17.09.2015 um 13.29 – Buch

walden henry thoreau„I took a walk in the woods and came out taller than the trees.“

Es kommt vor, dass ich das turbulente Leben liebe, meistens sogar, aber manchmal, da geht es mir wie so vielen anderen, die der Stadt dann und wann überdrüssig sind, die fliehen wollen vor dem Lärm, der Hektik und zu viel Menschheit. Zwischen Stadtflucht und Landfrust versuche ich noch immer heraus zu finden, welcher Ort mit mir zusammen alt werden wird, ein kleiner oder ein großer, ob ich Nachbarn haben werde und wenn ja, wie viele. Ich versuche mich darauf zu besinnen, was richtig für mich ist und was falsch, was mir gut tut, aber immer dann, wenn ich meine, mich gefunden zu haben, verliere ich mich erneut im Wust der Möglichkeiten. Ich stelle mir dann vor, wie es wäre, einfach zu gehen.

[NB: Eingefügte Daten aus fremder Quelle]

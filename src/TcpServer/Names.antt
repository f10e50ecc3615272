-- ===== src/TcpServer/Names.antt =====
-- tcp/server.go: connections to which the acceptor gives different names.
use kupool.Common.{
  ==_iff, nat_key, text_key, lookup, update, ℕ, ◌≡◌, sym, ◌∙◌, ◌≢◌, ◌↔◌, inl, inr, some, arith,
}
use kupool.TcpServer.Goroutines.{
  Phase, idle, checked, serving, removed, reported, rejected, turned_away, closed, Conn, Net, go_to,
  take_answer, add_channel, remove_channel, tell, close_channel, Step, answers, checks, adds,
  removes, tells, closes, started, Reach, here, next,
}
use kupool.TcpServer.{Answer, accepted, refused}
use kupool.TcpServer.Owners.{check_name-cases}
use kupool.TcpServer.Calm.{IsAlone, Calm, calm, later, Calm-IsServed}

-- The acceptor has given the connection a name.
abbrev pub IsNamed : Conn → Type 0
IsNamed c = (c.phase ≢ idle) × (c.phase ≢ rejected)

abbrev pub IsDistinct : Net → Type 0
IsDistinct s =
    (i j : ℕ)
    → IsNamed (s.conns i)
    → IsNamed (s.conns j)
    → (s.conns i).name ≡ (s.conns j).name
    → i ≡ j

abbrev KeepsName : Net → Net → Type 0
KeepsName s t =
    (j : ℕ) → IsNamed (s.conns j) → IsNamed (t.conns j) × ((t.conns j).name ≡ (s.conns j).name)

KeepsName-go_to :
    (i : ℕ) (p : Phase) (s : Net) → p ≢ idle → p ≢ rejected → KeepsName s (go_to i p s)
unfolding go_to update
KeepsName-go_to i p s hi hr = λ j (ni, nr). (
  ((λ e. ground (arith, ==_iff i j, hi, ni)), (λ e. ground (arith, ==_iff i j, hr, nr))),
  ground (arith, ==_iff i j),
)

KeepsName-take_answer :
    (i : ℕ) (a : Answer) (s : Net) → (s.conns i).phase ≡ idle → KeepsName s (take_answer i a s)
unfolding take_answer update
KeepsName-take_answer i (accepted id) s h = λ j (ni, nr). (
  ((λ e. ground (arith, ==_iff i j, h, ni)), (λ e. ground (arith, ==_iff i j, h, nr))),
  ground (arith, ==_iff i j, h, ni),
)
KeepsName-take_answer i (refused r) s h = λ j (ni, nr). (
  ((λ e. ground (arith, ==_iff i j, h, ni)), (λ e. ground (arith, ==_iff i j, h, ni, nr))),
  ground (arith, ==_iff i j, h, ni),
)

Step-KeepsName : {s t : Net} → Step s t → KeepsName s t
unfolding add_channel remove_channel tell close_channel
Step-KeepsName {s} (answers i a h) = KeepsName-take_answer i a s h
Step-KeepsName {s} (checks i h) = elim (check_name-cases i s) [
  | inl (unused, e) ↦ rw e (KeepsName-go_to i checked s (λ e. cc) (λ e. cc))
  | inr (j, taken, e) ↦ rw e (KeepsName-go_to i turned_away s (λ e. cc) (λ e. cc))
]
Step-KeepsName {s} (adds i h) = KeepsName-go_to i serving _ (λ e. cc) (λ e. cc)
Step-KeepsName {s} (removes i h) = KeepsName-go_to i removed _ (λ e. cc) (λ e. cc)
Step-KeepsName {s} (tells i h) = KeepsName-go_to i reported _ (λ e. cc) (λ e. cc)
Step-KeepsName {s} (closes i h) = KeepsName-go_to i closed s (λ e. cc) (λ e. cc)

IsDistinct-before : (s t : Net) → Step s t → IsDistinct t → IsDistinct s
IsDistinct-before s t st distinct = λ i j ni nj same.
    let (mi, ei) = Step-KeepsName st i ni in
    let (mj, ej) = Step-KeepsName st j nj in distinct i j mi mj (ei ∙ same ∙ sym ej)

IsDistinct-IsAlone : (s : Net) → IsDistinct s → IsAlone s
IsDistinct-IsAlone s distinct =
    λ i j ci cj same. distinct i j ((λ e. cc), (λ e. cc)) ((λ e. cc), (λ e. cc)) same

-- A run is calm if the names that the acceptor has given by its end are different.
distinct-Calm : {s : Net} → Reach started s → IsDistinct s → Calm started s
distinct-Calm here distinct = calm
distinct-Calm {s} (next {t} r st) distinct =
    let before = IsDistinct-before t s st distinct in
    later (distinct-Calm r before) (IsDistinct-IsAlone t before) st

-- However the goroutines of the connections are interleaved from an empty map, if the names that
-- the acceptor has given are different, a connection is served exactly if it is what the map holds
-- under its name.
pub distinct-served :
    (s : Net) (i : ℕ)
    → Reach started s
    → IsDistinct s
    → ((s.conns i).phase ≡ serving) ↔ (lookup (s.conns i).name s.channels ≡ some i)
distinct-served s i run distinct = Calm-IsServed i (distinct-Calm run distinct)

In die Berge oder zurück in die Heimat, ich frage mich, ob ich wirklich brauche, worauf ich gerade nicht verzichten will, ob Schönes nur Ablenkung oder wahre Freude ist, ob es mehr gibt als das hier. Wie wäre das, nicht arbeiten zu müssen, weil man kein Geld braucht, keine Verpflichtungen zu haben, aber Zeit, für sich selbst zu sorgen, irgendwo weit weg. Himmel oder Hölle?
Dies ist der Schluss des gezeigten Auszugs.